| Problem to work on |
Copy out exactly the lines below that run from the one holding "refuse-IsReply qname qtype = record" to the one holding "(P : Msg → Type", keeping both of those lines and no others.

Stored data
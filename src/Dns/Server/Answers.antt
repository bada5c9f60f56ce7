-- ===== src/Dns/Server/Answers.antt =====
-- What the answers of internal/dns/handler.go are about.
use lamund.Dns.Server.Authority.{IsClosed, IsMinimal, answer_in-IsClosed, answer_in-IsMinimal}
use lamund.Dns.Rate.{rrl_allow, Buckets}
use lamund.Dns.Zones.{
  find_zone, Snapshot, zone_soa, zone_ns, Zone, filter_by_type, ns_from, zone_match,
}
use lamund.Dns.Server.{
  Question, reply, limited, in_zone, refuse, serve_dns, with_edns, any_answer, by_ns, by_cname,
  or_next, answer_in, negative, by_records, Msg,
}
use lamund.Prelude.{
  ℕ, ◌≡◌, refl, ◌∙◌, ◌≢◌, ◌⊎◌, inl, inr, Bool, true, false, not, ◌&&◌, Option, none, some, List, [],
  ◌∷◌, ◌++◌, arith, ◌==◌, Bool-cases, Option-cases, Bytes, codes, beq, beq_iff, any, All, lookup,
  lower,
}
use lamund.Dns.Types.{
  class_inet, type_soa, type_ns, NameLib, Rr, DnsRecord, type_any, type_cname, type_hinfo,
}
use lamund.Dns.Records.{to_rr}

module _ (lib : NameLib) where
  -- A record for the name, of the type that is asked for, or an alias, or the answer to ANY.
  pub record Answers (qname : Bytes) (qtype : ℕ) (rr : Rr) : Type 0 where
    pub name : rr.name ≡ qname
    pub rrtype :
        (rr.rrtype ≡ qtype)
        ⊎ ((rr.rrtype ≡ type_cname) ⊎ ((rr.rrtype ≡ type_hinfo) × (qtype ≡ type_any)))

  name-to_rr :
      (owner : Bytes) (r : DnsRecord) (rr : Rr) → to_rr lib owner r ≡ some rr → rr.name ≡ owner
  unfolding to_rr
  name-to_rr owner r rr h = ground arith

  abbrev Filtered : Bytes → ℕ → Rr → Type 0
  Filtered owner qtype rr = (rr.name ≡ owner) × ((qtype ≡ type_any) ⊎ (rr.rrtype ≡ qtype))

  filter_by_type-Filtered :
      (owner : Bytes) (qtype : ℕ) (recs : List DnsRecord)
      → All (Filtered owner qtype) (filter_by_type lib owner qtype recs)
  unfolding filter_by_type
  filter_by_type-Filtered owner qtype [] = tt
  filter_by_type-Filtered owner qtype (r ∷ rs) =
      let later = filter_by_type-Filtered owner qtype rs in
      elim (Option-cases (to_rr lib owner r)) [
        | inl dropped ↦ rw dropped later
        | inr (rr, made) ↦ rw made (ground (arith, name-to_rr owner r rr made))
      ]

  zone_match-Filtered :
      (zone : Zone) (owner : Bytes) (qtype : ℕ)
      → All (Filtered owner qtype) (zone_match lib zone owner qtype).0
  unfolding zone_match
  zone_match-Filtered zone owner qtype = elim (Option-cases (lookup owner zone.records)) [
    | inr (recs, found) ↦ rw found (filter_by_type-Filtered owner qtype recs)
    | inl absent ↦ elim (Option-cases (lookup (codes "*." ++ lib.fqdn zone.apex) zone.records)) [
      | inl none_there ↦ rw (absent, none_there) tt
      | inr (wild, found) ↦ rw (absent, found) (filter_by_type-Filtered owner qtype wild)
    ]
  ]

  ns_from-Answers :
      (apex : Bytes) (recs : List DnsRecord) → All (Answers apex type_ns) (ns_from lib apex recs)
  unfolding ns_from
  ns_from-Answers apex [] = tt
  ns_from-Answers apex (r ∷ rs) = ground (arith, ns_from-Answers apex rs)

  Filtered-Answers :
      (qname : Bytes) (qtype sought : ℕ) (rrs : List Rr)
      → sought ≢ type_any
      → (sought ≡ qtype) ⊎ (sought ≡ type_cname)
      → All (Filtered qname sought) rrs
      → All (Answers qname qtype) rrs
  Filtered-Answers qname qtype sought [] ne k h = tt
  Filtered-Answers qname qtype sought (rr ∷ rrs) ne k h = (
    record { name = h.0.0; rrtype = ground arith },
    Filtered-Answers qname qtype sought rrs ne k h.1,
  )

  or_next-Answers :
      (qname : Bytes) (qtype : ℕ) (rrs : List Rr) (next m : Msg)
      → All (Answers qname qtype) rrs
      → All (Answers qname qtype) next.answer
      → All (Answers qname qtype) (or_next lib rrs next m).answer
  or_next-Answers qname qtype [] next m h k = k
  or_next-Answers qname qtype (rr ∷ rrs) next m h k = h

  module _ (zone : Zone) (qname : Bytes) (qtype : ℕ) (m : Msg) (blank : m.answer ≡ []) where
    negative-Answers :
        (matched : Bool) → All (Answers qname qtype) (negative lib zone matched m).answer
    unfolding negative
    negative-Answers matched = rw blank tt

    by_cname-Answers :
        (matched : Bool)
        → All (Answers qname qtype) (by_cname lib zone qname qtype matched m).answer
    unfolding by_cname
    by_cname-Answers matched = elim (Bool-cases (not (qtype == type_cname))) [
      | inl other ↦ rw other (
          or_next-Answers qname qtype _ _ m
            (Filtered-Answers qname qtype type_cname _ (omega arith) (inr refl)
              (zone_match-Filtered zone qname type_cname))
            (negative-Answers matched))
      | inr same ↦ rw same (negative-Answers matched)
    ]

    by_records-Answers :
        qtype ≢ type_any → All (Answers qname qtype) (by_records lib zone qname qtype m).answer
    unfolding by_records
    by_records-Answers ne =
        or_next-Answers qname qtype _ _ m
          (Filtered-Answers qname qtype qtype _ ne (inl refl)
            (zone_match-Filtered zone qname qtype))
          (by_cname-Answers (zone_match lib zone qname qtype).1)

    zone_ns-Answers :
        (beq qname (lib.fqdn zone.apex) && qtype == type_ns) ≡ true
        → All (Answers qname qtype) (zone_ns lib zone)
    unfolding zone_ns
    zone_ns-Answers apex =
        let at_apex : qname ≡ lib.fqdn zone.apex =
          ground (arith, beq_iff qname (lib.fqdn zone.apex)) in
        let is_ns : qtype ≡ type_ns = ground arith in
        rw (at_apex, is_ns) (ns_from-Answers (lib.fqdn zone.apex) _)

    by_ns-Answers :
        qtype ≢ type_any → All (Answers qname qtype) (by_ns lib zone qname qtype m).answer
    unfolding by_ns
    by_ns-Answers ne = elim (Bool-cases (beq qname (lib.fqdn zone.apex) && qtype == type_ns)) [
      | inl apex ↦
          rw apex (or_next-Answers qname qtype _ _ m (zone_ns-Answers apex) (by_records-Answers ne))
      | inr other ↦ rw other (by_records-Answers ne)
    ]

    answer_in-Answers : All (Answers qname qtype) (answer_in lib zone qname qtype m).answer
    unfolding answer_in any_answer zone_soa
    answer_in-Answers = elim (Bool-cases (qtype == type_any)) [
      | inl any ↦ rw (any, blank) (record { name = refl; rrtype = ground arith }, tt)
      | inr specific ↦
          rw specific (elim (Bool-cases (beq qname (lib.fqdn zone.apex) && qtype == type_soa)) [
            | inl apex ↦
                rw (apex, blank)
                  (
                    record {
                      name = ground (arith, beq_iff qname (lib.fqdn zone.apex));
                      rrtype = ground arith;
                    },
                    tt,
                  )
            | inr other ↦ rw other (by_ns-Answers (ground arith))
          ])
    ]

  -- The header of every message of ServeDNS, and what its records are about.
  pub record IsReply (qname : Bytes) (qtype : ℕ) (m : Msg) : Type 0 where
    pub authoritative : m.authoritative ≡ true
    pub direct : m.recursion_available ≡ false
    pub about : All (Answers qname qtype) m.answer
    pub closing : IsClosed lib m
    pub minimal : IsMinimal lib qtype m

  module _ (zone : Zone) (qname : Bytes) (qtype : ℕ) where
    or_next-flags :
        (rrs : List Rr) (next m : Msg)
        → (next.authoritative ≡ m.authoritative)
          × (next.recursion_available ≡ m.recursion_available)
        → ((or_next lib rrs next m).authoritative ≡ m.authoritative)
          × ((or_next lib rrs next m).recursion_available ≡ m.recursion_available)
    or_next-flags [] next m h = h
    or_next-flags (rr ∷ rrs) next m h = (refl, refl)

    by_records-flags :
        (m : Msg)
        → ((by_records lib zone qname qtype m).authoritative ≡ m.authoritative)
          × ((by_records lib zone qname qtype m).recursion_available ≡ m.recursion_available)
    unfolding by_records by_cname negative
    by_records-flags m =
        or_next-flags (zone_match lib zone qname qtype).0 _ m
          (elim (Bool-cases (not (qtype == type_cname))) [
            | inl other ↦
                rw other (or_next-flags (zone_match lib zone qname type_cname).0 _ m (refl, refl))
            | inr same ↦ rw same (refl, refl)
          ])

    answer_in-flags :
        (m : Msg)
        → ((answer_in lib zone qname qtype m).authoritative ≡ m.authoritative)
          × ((answer_in lib zone qname qtype m).recursion_available ≡ m.recursion_available)
    unfolding answer_in by_ns
    answer_in-flags m =
        let records = by_records-flags m in
        let servers =
          or_next-flags (zone_ns lib zone) (by_records lib zone qname qtype m) m records in
        ground (arith, records, servers)

  answer_in-IsReply :
      (zone : Zone) (qname : Bytes) (qtype : ℕ) (m : Msg)
      → m.answer ≡ []
      → m.authority ≡ []
      → m.authoritative ≡ true
      → m.recursion_available ≡ false
      → IsReply qname qtype (answer_in lib zone qname qtype m)
  answer_in-IsReply zone qname qtype m blank bare auth direct = record {
    authoritative = (answer_in-flags zone qname qtype m).0 ∙ auth;
    direct = (answer_in-flags zone qname qtype m).1 ∙ direct;
    about = answer_in-Answers zone qname qtype m blank;
    closing = answer_in-IsClosed lib zone qname qtype m blank bare;
    minimal = answer_in-IsMinimal lib zone qname qtype m blank;
  }

  refuse-IsReply : (qname : Bytes) (qtype : ℕ) → IsReply qname qtype refuse
  refuse-IsReply qname qtype = record {
    authoritative = refl;
    direct = refl;
    about = tt;
    closing = inl refl;
    minimal = inr (inl refl);
  }

  edns-IsReply :
      (zone : Zone) (qname : Bytes) (qtype : ℕ) (edns : Bool)
      → IsReply qname qtype (answer_in lib zone qname qtype (with_edns lib edns reply))
  edns-IsReply zone qname qtype true = answer_in-IsReply zone qname qtype _ refl refl refl refl
  edns-IsReply zone qname qtype false = answer_in-IsReply zone qname qtype _ refl refl refl refl

  -- A property of a message, or none.
  abbrev pub OnReply : (Msg → Type 0) → Option Msg → Type 0
  OnReply P none = Unit
  OnReply P (some m) = P m

  limited-OnReply :
      (P : Msg → Type 0) (spent : Bool × Buckets) (m : Msg)
      → P m
      → OnReply P (limited lib spent m).0
  limited-OnReply P (true, rates) m h = h
  limited-OnReply P (false, rates) m h = tt

  in_zone-IsReply :
      (found : Option Zone) (now : ℕ) (subnet qname : Bytes) (qtype : ℕ) (edns : Bool)
      (rates : Buckets)
      → OnReply (IsReply qname qtype) (in_zone lib found now subnet qname qtype edns rates).0
  in_zone-IsReply none now subnet qname qtype edns rates = refuse-IsReply qname qtype
  in_zone-IsReply (some zone) now subnet qname qtype edns rates =
      limited-OnReply (IsReply qname qtype) (rrl_allow now subnet rates) _
        (edns-IsReply zone qname qtype edns)

  -- A reply to one question is authoritative and offers no recursion. Each record of its answer
  -- section is for the name of the question, and has its type, is an alias, or is the one HINFO
  -- record that answers a question of type ANY. The authority section is empty, or it is one SOA
  -- record and the answer section is empty.
  pub serve_dns-IsReply :
      (snap : Snapshot) (now : ℕ) (subnet : Bytes) (q : Question) (edns : Bool) (rates : Buckets)
      → OnReply
          (IsReply (lower (lib.fqdn q.name)) q.qtype)
          (serve_dns lib snap now subnet (record { questions = q ∷ []; edns = edns }) rates).0
  unfolding serve_dns
  serve_dns-IsReply snap now subnet q edns rates =
      elim (Bool-cases (not (q.qclass == class_inet))) [
        | inl foreign ↦ rw foreign (refuse-IsReply _ _)
        | inr inet ↦ rw inet (in_zone-IsReply (find_zone snap _) now subnet _ q.qtype edns rates)
      ]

| Problem solution |
  refuse-IsReply qname qtype = record {
    authoritative = refl;
    direct = refl;
    about = tt;
    closing = inl refl;
    minimal = inr (inl refl);
  }

  edns-IsReply :
      (zone : Zone) (qname : Bytes) (qtype : ℕ) (edns : Bool)
      → IsReply qname qtype (answer_in lib zone qname qtype (with_edns lib edns reply))
  edns-IsReply zone qname qtype true = answer_in-IsReply zone qname qtype _ refl refl refl refl
  edns-IsReply zone qname qtype false = answer_in-IsReply zone qname qtype _ refl refl refl refl

  -- A property of a message, or none.
  abbrev pub OnReply : (Msg → Type 0) → Option Msg → Type 0
  OnReply P none = Unit
  OnReply P (some m) = P m

  limited-OnReply :
      (P : Msg → Type 0) (spent : Bool × Buckets) (m : Msg)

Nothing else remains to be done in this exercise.